- _Task prompt_: Look through the entries below. Report each line that has the word "none" in it.

[Records drawn from a dataset]
++++++

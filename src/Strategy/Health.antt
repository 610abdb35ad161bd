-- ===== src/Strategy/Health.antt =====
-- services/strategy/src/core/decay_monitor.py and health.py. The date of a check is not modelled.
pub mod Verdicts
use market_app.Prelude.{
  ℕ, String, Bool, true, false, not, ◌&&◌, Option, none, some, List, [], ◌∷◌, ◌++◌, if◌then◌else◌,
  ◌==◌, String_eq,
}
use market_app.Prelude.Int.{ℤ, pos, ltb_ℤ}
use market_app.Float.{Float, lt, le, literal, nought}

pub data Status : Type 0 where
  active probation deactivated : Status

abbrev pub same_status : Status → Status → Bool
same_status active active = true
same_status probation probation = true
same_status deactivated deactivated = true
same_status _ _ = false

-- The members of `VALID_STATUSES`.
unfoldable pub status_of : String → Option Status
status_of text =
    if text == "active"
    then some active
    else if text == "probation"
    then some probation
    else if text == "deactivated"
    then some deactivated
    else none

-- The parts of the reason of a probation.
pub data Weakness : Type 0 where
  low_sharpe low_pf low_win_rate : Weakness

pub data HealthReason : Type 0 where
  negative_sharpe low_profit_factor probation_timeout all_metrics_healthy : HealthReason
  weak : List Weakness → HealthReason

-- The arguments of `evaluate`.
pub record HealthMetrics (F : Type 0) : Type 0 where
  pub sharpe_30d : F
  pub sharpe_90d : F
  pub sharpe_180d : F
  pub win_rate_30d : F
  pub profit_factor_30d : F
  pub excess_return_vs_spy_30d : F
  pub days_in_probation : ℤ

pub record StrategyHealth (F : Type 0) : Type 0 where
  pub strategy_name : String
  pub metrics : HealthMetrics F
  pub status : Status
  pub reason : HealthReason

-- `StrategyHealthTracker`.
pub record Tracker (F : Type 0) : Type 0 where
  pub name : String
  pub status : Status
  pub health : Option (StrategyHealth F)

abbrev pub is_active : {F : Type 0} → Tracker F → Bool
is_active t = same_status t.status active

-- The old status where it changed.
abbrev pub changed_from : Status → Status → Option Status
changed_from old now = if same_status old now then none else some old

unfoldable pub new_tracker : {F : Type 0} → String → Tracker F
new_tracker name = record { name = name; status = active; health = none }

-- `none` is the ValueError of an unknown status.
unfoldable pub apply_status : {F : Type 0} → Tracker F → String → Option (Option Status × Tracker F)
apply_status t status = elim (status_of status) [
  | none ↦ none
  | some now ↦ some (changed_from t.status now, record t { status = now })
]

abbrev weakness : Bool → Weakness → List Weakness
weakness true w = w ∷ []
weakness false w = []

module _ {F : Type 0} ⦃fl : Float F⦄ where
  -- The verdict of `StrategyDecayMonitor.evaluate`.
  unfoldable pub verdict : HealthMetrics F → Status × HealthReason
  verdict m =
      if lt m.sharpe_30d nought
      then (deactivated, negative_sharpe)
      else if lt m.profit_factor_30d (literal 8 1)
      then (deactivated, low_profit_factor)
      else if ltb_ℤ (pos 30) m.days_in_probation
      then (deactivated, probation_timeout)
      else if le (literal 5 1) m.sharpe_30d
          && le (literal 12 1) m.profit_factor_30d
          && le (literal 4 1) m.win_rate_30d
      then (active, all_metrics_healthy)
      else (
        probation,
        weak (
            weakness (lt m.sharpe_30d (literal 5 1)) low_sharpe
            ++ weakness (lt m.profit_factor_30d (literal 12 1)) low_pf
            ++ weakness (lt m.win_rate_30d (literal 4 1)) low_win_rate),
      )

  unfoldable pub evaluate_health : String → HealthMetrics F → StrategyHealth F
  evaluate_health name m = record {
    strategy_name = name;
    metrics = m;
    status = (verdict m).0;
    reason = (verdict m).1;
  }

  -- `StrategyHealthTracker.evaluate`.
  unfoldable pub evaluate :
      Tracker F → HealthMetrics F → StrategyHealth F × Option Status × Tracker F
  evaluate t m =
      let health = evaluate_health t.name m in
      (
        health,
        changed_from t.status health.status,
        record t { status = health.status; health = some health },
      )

++++++

- _Solved problem_:
  ℕ, String, Bool, true, false, not, ◌&&◌, Option, none, some, List, [], ◌∷◌, ◌++◌, if◌then◌else◌,
    else none
changed_from old now = if same_status old now then none else some old
new_tracker name = record { name = name; status = active; health = none }
-- `none` is the ValueError of an unknown status.
  | none ↦ none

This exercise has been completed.